- Theatrical release poster
- Directed by: Usher Morgan
- Produced by: Usher Morgan
- Starring: Elyse Price; Katie Vincent; Joel Bernard; Joe Trombino; Emil Ferzola; Yaron Urbas;
- Cinematography: Louis Obioha
- Production companies: Digital Magic Entertainment; Dark Passage Films;
- Release date: March 2, 2018;
- Running time: 102 minutes
- Country: United States
- Language: English
- Budget: $350,000

= Pickings (film) =

Pickings is a 2018 independent crime film written, produced, and directed by Usher Morgan. The film stars Elyse Price, Joel Bernard, Katie Vincent, Joe Trombino, Emil Ferzola, Yaron Urbas and Taso Mikroulis. Price plays Jo Lee-Haywood, a mysterious bar owner defending her family and business from the wrath of a short-tempered mobster and his protection racket. The film was released to theaters in the United States on March 2, 2018.

==Cast==

- Elyse Price as Jo Lee-Haywood
- Katie Vincent as Scarlet Lee-Haywood
- Joel Bernard as Boone Pickens
- Samantha Zaino as Emma Lee-Haywood
- Joe Trombino as Jimmy Marcone
- Michael Gentile as Momo
- Michael Tyler as Tommy
- Emil Ferzola as Leo DeVitto
- Taso Mikroulis as Marvin Lee-Haywood
- Yaron Urbas as Sam "Hollywood" Barone
- Bill Turner as Yates

==Production==
Pickings is Usher Morgan's first feature film. Morgan wrote the script and served as the film's director, producer and chief editor. The film was shot for a total of 35 days over the course of a year. The production of the film was announced during a press event at the 2015 Manhattan Film Festival and a pitch trailer was subsequently released on August 7, 2015, in a press release by Digital Magic Entertainment.

Morgan partnered with his Prego cinematographer Louis Obioha, and re-hired Katie Vincent to play the role of Scarlet. As production evolved, Vincent's role in the film became more substantial and she joined the project as a producer. Vincent also wrote and performed many of the film's original songs and served as the film's music supervisor. Morgan also hired Prego actor Taso Mikroulis to play the role of Marvin. The film was fully financed by Morgan, after an Indiegogo campaign failed to reach its desired goal. "I used my own money to fund this film. Took loans, sold assets and maxed out credit cards," Morgan said in an interview with the Huffington Post in 2018.

Principal photography was held in the New York City area under a $350,000 budget; the film was shot in Yonkers, Staten Island, Southampton and New York City for a total of 35 days over the course of a year. Digital Magic Entertainment released the film's Red Band teaser on December 20, 2016, and the Green Band teaser on March 5, 2017. Both trailers are accompanied by an original musical track recorded by Katie Vincent. The film's official trailer was released on December 18, 2017.

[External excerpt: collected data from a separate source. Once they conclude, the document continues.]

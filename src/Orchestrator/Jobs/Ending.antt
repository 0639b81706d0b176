-- ===== src/Orchestrator/Jobs/Ending.antt =====
-- crates/engine/src/orchestrator/mod.rs: `terminalize`, its callers, and `cancel_job`.
use alac_bot.Prelude.{
  ℕ, ◌≡◌, Bool, true, false, Option, none, some, List, [], ◌∷◌, arith, ◌==◌, Bool-cases, inl, inr,
  subst, refl, ◌∙◌,
}
use alac_bot.Prelude.Text.{Text}
use alac_bot.Orchestrator.Jobs.{
  Engine, Stage, JobShared, OrchestratorEvent, RunResult, give_up_wait, close_job, cancel_job,
  terminalize, is_cancellable, TerminalJobState, is_some, OrchestratorError, update, go_to,
  terminal_events, ended_job, final_state,
}
use alac_bot.Orchestrator.Jobs.Record.{
  Keeps, KeptAt, IsTold, IsRead, told, at, moved, update-own, due, is_terminal_of, has_slot,
  is_listed, ended_result,
}

due-is_terminal_of :
    (i id : ℕ) (job : JobShared) (r : RunResult) → is_terminal_of i (due id job r) ≡ (id == i)
due-is_terminal_of i id job (RunResult.ok n) = ground arith
due-is_terminal_of i id job (RunResult.err x) = ground arith

same_sym : (i j : ℕ) → (i == j) ≡ false → (j == i) ≡ false
same_sym i j h = ground arith

told-due_own :
    (id : ℕ) (job : JobShared) (r : RunResult) (events : List OrchestratorEvent)
    → told id events ≡ []
    → told id (due id job r ∷ events) ≡ due id job r ∷ []
told-due_own id job r events h = rw (due-is_terminal_of id id job r, h) (ground arith)

told-due_other :
    (i id : ℕ) (job : JobShared) (r : RunResult) (events : List OrchestratorEvent)
    → (i == id) ≡ false
    → told i (due id job r ∷ events) ≡ told i events
told-due_other i id job r events h = rw (due-is_terminal_of i id job r, same_sym i id h) refl

ended-told :
    (id : ℕ) (r : RunResult) (job : JobShared) (state : TerminalJobState)
    (events : List OrchestratorEvent)
    → is_some job.terminal_state ≡ false
    → events ≡ due id job r ∷ []
    → IsTold id (ended_job state job) events (some r)
ended-told id (RunResult.ok n) job state events h q = rw h (refl, refl, q)
ended-told id (RunResult.err n) job state events h q = rw h (refl, refl, q)

-- The one terminal event of a job that has not ended.
terminalize-Keeps :
    (e : Engine) (id : ℕ) (r : RunResult) (s : Stage) (state : TerminalJobState)
    (summary : Option ℕ) (error : Option OrchestratorError)
    → has_slot s ≡ true
    → is_listed s ≡ true
    → ended_result s ≡ none
    → KeptAt e id s
    → terminal_events id (e.shared id).cancelled_by summary error (final_state state (e.shared id))
      ≡ due id (e.shared id) r ∷ []
    → ((i : ℕ) → Keeps e i)
    → (i : ℕ) → Keeps (go_to id (Stage.settled r) (terminalize id state summary error e)) i
unfolding terminalize
terminalize-Keeps e id r s state summary error has listed open_job k0 q k =
    moved e (go_to id (Stage.settled r) (terminalize id state summary error e)) id (Stage.settled r)
      (update-own id _ e.stage)
      (rw (update-own id (ended_job state (e.shared id)) e.shared) record {
        slot = k0.slot ∙ has;
        listed = k0.listed ∙ listed;
        ending = ended-told id r (e.shared id) state _ none_yet.0 own_events;
        read = tt;
      })
      (λ i h. record {
        slot = refl;
        listed = refl;
        job = rw h refl;
        events = rw (none_yet.0, q) (told-due_other i id (e.shared id) r e.events h);
        stage = rw h refl;
      })
      k
  where
    none_yet : IsTold id (e.shared id) (told id e.events) none
    none_yet = subst (λ x. IsTold id (e.shared id) (told id e.events) x) open_job k0.ending

    own_events : told id (terminalize id state summary error e).events ≡ due id (e.shared id) r ∷ []
    own_events = rw (none_yet.0, q) (told-due_own id (e.shared id) r e.events none_yet.2)

pub close_job-Keeps :
    (e : Engine) (id : ℕ) (r : RunResult) (c : Bool)
    → e.stage id ≡ Stage.closing r c
    → ((i : ℕ) → Keeps e i)
    → (i : ℕ) → Keeps (close_job id r c e) i
unfolding close_job terminal_events
close_job-Keeps e id (RunResult.ok n) true q k =
    let k0 = at e id _ q (k id) in
    terminalize-Keeps e id _ _ TerminalJobState.cancelled none none refl refl refl k0
      (rw k0.read refl) k
close_job-Keeps e id (RunResult.err x) true q k =
    let k0 = at e id _ q (k id) in
    terminalize-Keeps e id _ _ TerminalJobState.cancelled none none refl refl refl k0
      (rw k0.read refl) k
close_job-Keeps e id (RunResult.ok n) false q k =
    terminalize-Keeps e id _ _ TerminalJobState.completed (some n) none refl refl refl
      (at e id _ q (k id)) (ground arith) k
close_job-Keeps e id (RunResult.err x) false q k =
    terminalize-Keeps e id _ _ TerminalJobState.failed none (some x) refl refl refl
      (at e id _ q (k id)) (ground arith) k

pub give_up_wait-Keeps :
    (e : Engine) (id : ℕ) (s : Stage)
    → has_slot s ≡ true
    → is_listed s ≡ true
    → ended_result s ≡ none
    → e.stage id ≡ s
    → (e.shared id).is_cancelled ≡ true
    → ((i : ℕ) → Keeps e i)
    → (i : ℕ) → Keeps (give_up_wait id e) i
unfolding give_up_wait terminal_events
give_up_wait-Keeps e id s has listed open_job q c k =
    terminalize-Keeps e id _ s TerminalJobState.cancelled none none has listed open_job
      (at e id _ q (k id)) (rw c refl) k

always-IsRead : (s : Stage) → IsRead s true
always-IsRead (Stage.closing r true) = refl
always-IsRead s = tt

open-IsTold :
    (id : ℕ) (by : Option Text) (job : JobShared) (events : List OrchestratorEvent)
    (x : Option RunResult)
    → is_some job.terminal_state ≡ false
    → IsTold id job events x
    → IsTold id (record job { is_cancelled = true; cancelled_by = by }) events x
open-IsTold id by job events none h k = k
open-IsTold id by job events (some r) h k = ground (arith, k.0, h)

set_cancelled : (id : ℕ) (by : Option Text) (e : Engine) → Engine
set_cancelled id by e = record e {
  shared = update id (record (e.shared id) { is_cancelled = true; cancelled_by = by }) e.shared;
}

pub cancel_job-Keeps :
    (e : Engine) (id : ℕ) (by : Option Text)
    → ((i : ℕ) → Keeps e i)
    → (i : ℕ) → Keeps (cancel_job id by e).1 i
unfolding cancel_job set_cancelled
cancel_job-Keeps e id by k = elim (Bool-cases (is_cancellable id e)) [
  | inr h ↦ rw h k
  | inl h ↦ rw h (
      moved e (set_cancelled id by e) id (e.stage id) refl
        (rw (update-own id _ e.shared) record {
          slot = (k id).slot;
          listed = (k id).listed;
          ending =
              open-IsTold id by (e.shared id) _ (ended_result (e.stage id)) (ground arith)
                (k id).ending;
          read = always-IsRead (e.stage id);
        })
        (λ i g. record { slot = refl; listed = refl; job = rw g refl; events = refl; stage = refl })
        k)
]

Pickings premiered at the AMC Loews in New York City's Lincoln Square on February 22, 2018, and was subsequently released to theaters on March 2, 2018. The distribution was handled by Dark Passage Films and AMC Independent.

==Critical response==

Pickings received generally positive reviews and holds an 80% score on Rotten Tomatoes

Gary Goldstein with the Los Angeles Times gave the film a very positive review, writing: "The visually arresting, wickedly entertaining crime drama Pickings marks an impressive narrative feature directing debut."

Maitland McDonagh with the Film Journal praised Morgan's directorial style but was critical of the film's handling of its original characters, writing "it's dazzling and all the more impressive because it was executed on an incredibly low budget. What it isn't especially strong on is original characterization. Price's Jo is impressively tough and convincingly wounded, but she's a still a variation on Kill Bill's lethal bride."

Wesley Lara with Hidden Remote magazine gave the film a favorable review, but criticized some of the characters in the film as "off-the walls crazy" and "a little cheesy". She wrote: "Pickings will definitely not be a film for everyone. This film is incredibly unapologetic in its presentation and homage to previous westerns and noir films and that may turn some people off. It's not an insult, it's just a fact of life. However, the sheer creativity and passion behind this project is undeniable, from its gorgeous cinematography and lighting to its energetic acting (along with an accolade-worthy performance from Elyse Price) to its character driven story. Usher Morgan wanted to create a film that was equals parts completely badass and substance with a fun and emotional oddball of a western/noir hybrid."